**Exercise goal:** All of the records are to be copied out exactly, with nothing left out.

Stored items

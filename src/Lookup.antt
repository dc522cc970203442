-- ===== src/Lookup.antt =====
-- kern/vfs/vfslookup.c: the start of the translation of a path. A file system is the answers that it gives; of the
-- lock around all of it, there is only whether the thread holds it.
use sdp_project_c.Common.{
  ℕ, zero, suc, ◌+◌, Bool, true, false, Option, none, some, Result, ok, err, ◌>>=◌, ◌>>◌, require,
  endless, assertion, ltb, ◌==◌, if◌then◌else◌, update,
}
use sdp_project_c.Spinlock.{Spinlock, spinlock_acquire, spinlock_release}
use sdp_project_c.Files.{enoent}
use sdp_project_c.Vnode.{Vnode, vnode_incref, vnode_decref}
pub mod Paths
pub mod Starts
pub mod Refs
mod Tests

-- An error number, or a vnode.
pub data Answer : Type 0 where
  refused gives : ℕ → Answer

-- `bootfs_vnode`, `p_cwd` and `p_lock` of the current process, the vnodes, and `vfs_biglock_do_i_hold()`.
pub record Vfs : Type 0 where
  pub bootfs_vnode : Option ℕ
  pub p_cwd : Option ℕ
  pub p_lock : Spinlock
  pub vnodes : ℕ → Vnode
  pub biglock_held : Bool

-- `vfs_getroot` of the name at an address, whether a vnode has a file system, and `FSOP_GETROOT`. The vnode that they
-- give comes with a reference.
pub record Devices : Type 0 where
  pub vfs_getroot : (ℕ → ℕ) → ℕ → Answer
  pub has_fs : ℕ → Bool
  pub fsop_getroot : ℕ → Answer

-- `VOP_INCREF` and `VOP_DECREF`
pub vop_incref : ℕ → Vfs → Result Vfs
vop_incref u s = do v ← vnode_incref (s.vnodes u); ok (record s { vnodes = update s.vnodes u v })

pub vop_decref : ℕ → Vfs → Result Vfs
vop_decref u s = do
  (reclaim, v) ← vnode_decref (s.vnodes u)
  ok (record s { vnodes = update s.vnodes u v })

-- The reference to what a file system gives.
pub receive : Answer → Vfs → Result Vfs
unfolding vop_incref
receive (refused e) s = ok s
receive (gives u) s = vop_incref u s

-- `vfs_getcurdir`
pub vfs_getcurdir : Vfs → Result (Answer × Vfs)
unfolding vop_incref
vfs_getcurdir s = do
  lock ← spinlock_acquire s.p_lock
  (answer, s') ← (elim s.p_cwd [
    | none ↦ ok (refused enoent, s)
    | some u ↦ (do s' ← vop_incref u s; ok (gives u, s'))
  ])
  lock' ← spinlock_release lock
  ok (answer, record s' { p_lock = lock' })

-- The loop that looks for the first colon or slash: `slash` and `colon`.
pub find_loop : ℕ → ℕ → ℕ → (ℕ → ℕ) → Result (Option ℕ × Option ℕ)
find_loop zero path i m = err endless
find_loop (suc rounds) path i m = elim (m (path + i) == 0) [
  | true ↦ ok (none, none)
  | false ↦ elim (m (path + i) == 58) [
    | true ↦ ok (none, some i)
    | false ↦ elim (m (path + i) == 47) [
      | true ↦ ok (some i, none)
      | false ↦ find_loop rounds path (i + 1) m
    ]
  ]
]

-- The loops over the slashes behind the address `a`: the address of the last.
pub skip_slashes : ℕ → ℕ → (ℕ → ℕ) → Result ℕ
skip_slashes zero a m = err endless
skip_slashes (suc rounds) a m = elim (m (a + 1) == 47) [
  | true ↦ skip_slashes rounds (a + 1) m
  | false ↦ ok a
]

-- What `getdevice` ends with: its answer, `*subpath` if it was set, memory and the vnodes.
pub record Start : Type 0 where
  pub startvn : Answer
  pub subpath : Option ℕ
  pub memory : ℕ → ℕ
  pub vfs : Vfs

-- `:path` starts from the root of the file system of the current directory.
pub current_root : Devices → Vfs → Result (Answer × Vfs)
unfolding vfs_getcurdir receive vop_decref
current_root d s = do
  (answer, s') ← vfs_getcurdir s
  elim answer [
    | refused e ↦ ok (refused e, s')
    | gives u ↦ do
      require (d.has_fs u) assertion
      s₂ ← receive (d.fsop_getroot u) s'
      s₃ ← vop_decref u s₂
      ok (d.fsop_getroot u, s₃)
  ]

-- `/path` starts from the boot file system.
pub boot_root : Vfs → Result (Answer × Vfs)
unfolding vop_incref
boot_root s = elim s.bootfs_vnode [
  | none ↦ ok (refused enoent, s)
  | some u ↦ (do s' ← vop_incref u s; ok (gives u, s'))
]

-- What `/path` and `:path` end with, once the start is known.
pub after_slashes : ℕ → ℕ → (ℕ → ℕ) → Answer → Vfs → Result Start
unfolding skip_slashes
after_slashes rounds path m (refused e) s =
    ok (record { startvn = refused e; subpath = none; memory = m; vfs = s })
after_slashes rounds path m (gives u) s = do
  a ← skip_slashes rounds path m
  ok (record { startvn = gives u; subpath = some (a + 1); memory = m; vfs = s })

-- What follows the loop of `getdevice`, with its `slash` and its `colon`.
pub start_from : Devices → ℕ → ℕ → (ℕ → ℕ) → Option ℕ → Option ℕ → Vfs → Result Start
unfolding vfs_getcurdir receive skip_slashes current_root boot_root after_slashes
start_from d rounds path m none none s = do
  (answer, s') ← vfs_getcurdir s
  ok (record { startvn = answer; subpath = some path; memory = m; vfs = s' })
start_from d rounds path m (some (suc k)) none s = do
  (answer, s') ← vfs_getcurdir s
  ok (record { startvn = answer; subpath = some path; memory = m; vfs = s' })
start_from d rounds path m (some zero) none s = do
  (answer, s') ← boot_root s
  after_slashes rounds path m answer s'
start_from d rounds path m slash (some zero) s = do
  (answer, s') ← current_root d s
  after_slashes rounds path m answer s'
start_from d rounds path m slash (some (suc k)) s = do
  let m' = update m (path + suc k) 0
  a ← skip_slashes rounds (path + suc k) m'
  s' ← receive (d.vfs_getroot m' path) s
  ok (record { startvn = d.vfs_getroot m' path; subpath = some (a + 1); memory = m'; vfs = s' })

-- `getdevice`, for a path of fewer than `rounds` characters.
pub getdevice : Devices → ℕ → ℕ → (ℕ → ℕ) → Vfs → Result Start
unfolding find_loop start_from
getdevice d rounds path m s = do
  require s.biglock_held assertion
  (slash, colon) ← find_loop rounds path 0 m
  start_from d rounds path m slash colon s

**Response for this exercise:**
filename src/Lookup.antt
repository dc522cc970203442
-- ===== src/Lookup.antt =====
-- kern/vfs/vfslookup.c: the start of the translation of a path. A file system is the answers that it gives; of the
-- lock around all of it, there is only whether the thread holds it.
use sdp_project_c.Common.{
  ℕ, zero, suc, ◌+◌, Bool, true, false, Option, none, some, Result, ok, err, ◌>>=◌, ◌>>◌, require,
  endless, assertion, ltb, ◌==◌, if◌then◌else◌, update,
}
use sdp_project_c.Spinlock.{Spinlock, spinlock_acquire, spinlock_release}
use sdp_project_c.Files.{enoent}
use sdp_project_c.Vnode.{Vnode, vnode_incref, vnode_decref}
pub mod Paths
pub mod Starts
pub mod Refs
mod Tests

-- An error number, or a vnode.
pub data Answer : Type 0 where
  refused gives : ℕ → Answer

-- `bootfs_vnode`, `p_cwd` and `p_lock` of the current process, the vnodes, and `vfs_biglock_do_i_hold()`.
pub record Vfs : Type 0 where
  pub bootfs_vnode : Option ℕ
  pub p_cwd : Option ℕ
  pub p_lock : Spinlock
  pub vnodes : ℕ → Vnode
  pub biglock_held : Bool

-- `vfs_getroot` of the name at an address, whether a vnode has a file system, and `FSOP_GETROOT`. The vnode that they
-- give comes with a reference.
pub record Devices : Type 0 where
  pub vfs_getroot : (ℕ → ℕ) → ℕ → Answer
  pub has_fs : ℕ → Bool
  pub fsop_getroot : ℕ → Answer

-- `VOP_INCREF` and `VOP_DECREF`
pub vop_incref : ℕ → Vfs → Result Vfs
vop_incref u s = do v ← vnode_incref (s.vnodes u); ok (record s { vnodes = update s.vnodes u v })

pub vop_decref : ℕ → Vfs → Result Vfs
vop_decref u s = do
  (reclaim, v) ← vnode_decref (s.vnodes u)
  ok (record s { vnodes = update s.vnodes u v })

-- The reference to what a file system gives.
pub receive : Answer → Vfs → Result Vfs
unfolding vop_incref
receive (refused e) s = ok s
receive (gives u) s = vop_incref u s

-- `vfs_getcurdir`
pub vfs_getcurdir : Vfs → Result (Answer × Vfs)
unfolding vop_incref
vfs_getcurdir s = do
  lock ← spinlock_acquire s.p_lock
  (answer, s') ← (elim s.p_cwd [
    | none ↦ ok (refused enoent, s)
    | some u ↦ (do s' ← vop_incref u s; ok (gives u, s'))
  ])
  lock' ← spinlock_release lock
  ok (answer, record s' { p_lock = lock' })

-- The loop that looks for the first colon or slash: `slash` and `colon`.
pub find_loop : ℕ → ℕ → ℕ → (ℕ → ℕ) → Result (Option ℕ × Option ℕ)
find_loop zero path i m = err endless
find_loop (suc rounds) path i m = elim (m (path + i) == 0) [
  | true ↦ ok (none, none)
  | false ↦ elim (m (path + i) == 58) [
    | true ↦ ok (none, some i)
    | false ↦ elim (m (path + i) == 47) [
      | true ↦ ok (some i, none)
      | false ↦ find_loop rounds path (i + 1) m
    ]
  ]
]

-- The loops over the slashes behind the address `a`: the address of the last.
pub skip_slashes : ℕ → ℕ → (ℕ → ℕ) → Result ℕ
skip_slashes zero a m = err endless
skip_slashes (suc rounds) a m = elim (m (a + 1) == 47) [
  | true ↦ skip_slashes rounds (a + 1) m
  | false ↦ ok a
]

-- What `getdevice` ends with: its answer, `*subpath` if it was set, memory and the vnodes.
pub record Start : Type 0 where
  pub startvn : Answer
  pub subpath : Option ℕ
  pub memory : ℕ → ℕ
  pub vfs : Vfs

-- `:path` starts from the root of the file system of the current directory.
pub current_root : Devices → Vfs → Result (Answer × Vfs)
unfolding vfs_getcurdir receive vop_decref
current_root d s = do
  (answer, s') ← vfs_getcurdir s
  elim answer [
    | refused e ↦ ok (refused e, s')
    | gives u ↦ do
      require (d.has_fs u) assertion
      s₂ ← receive (d.fsop_getroot u) s'
      s₃ ← vop_decref u s₂
      ok (d.fsop_getroot u, s₃)
  ]

-- `/path` starts from the boot file system.
pub boot_root : Vfs → Result (Answer × Vfs)
unfolding vop_incref
boot_root s = elim s.bootfs_vnode [
  | none ↦ ok (refused enoent, s)
  | some u ↦ (do s' ← vop_incref u s; ok (gives u, s'))
]

-- What `/path` and `:path` end with, once the start is known.
pub after_slashes : ℕ → ℕ → (ℕ → ℕ) → Answer → Vfs → Result Start
unfolding skip_slashes
after_slashes rounds path m (refused e) s =
    ok (record { startvn = refused e; subpath = none; memory = m; vfs = s })
after_slashes rounds path m (gives u) s = do
  a ← skip_slashes rounds path m
  ok (record { startvn = gives u; subpath = some (a + 1); memory = m; vfs = s })

-- What follows the loop of `getdevice`, with its `slash` and its `colon`.
pub start_from : Devices → ℕ → ℕ → (ℕ → ℕ) → Option ℕ → Option ℕ → Vfs → Result Start
unfolding vfs_getcurdir receive skip_slashes current_root boot_root after_slashes
start_from d rounds path m none none s = do
  (answer, s') ← vfs_getcurdir s
  ok (record { startvn = answer; subpath = some path; memory = m; vfs = s' })
start_from d rounds path m (some (suc k)) none s = do
  (answer, s') ← vfs_getcurdir s
  ok (record { startvn = answer; subpath = some path; memory = m; vfs = s' })
start_from d rounds path m (some zero) none s = do
  (answer, s') ← boot_root s
  after_slashes rounds path m answer s'
start_from d rounds path m slash (some zero) s = do
  (answer, s') ← current_root d s
  after_slashes rounds path m answer s'
start_from d rounds path m slash (some (suc k)) s = do
  let m' = update m (path + suc k) 0
  a ← skip_slashes rounds (path + suc k) m'
  s' ← receive (d.vfs_getroot m' path) s
  ok (record { startvn = d.vfs_getroot m' path; subpath = some (a + 1); memory = m'; vfs = s' })

-- `getdevice`, for a path of fewer than `rounds` characters.
pub getdevice : Devices → ℕ → ℕ → (ℕ → ℕ) → Vfs → Result Start
unfolding find_loop start_from
getdevice d rounds path m s = do
  require s.biglock_held assertion
  (slash, colon) ← find_loop rounds path 0 m
  start_from d rounds path m slash colon s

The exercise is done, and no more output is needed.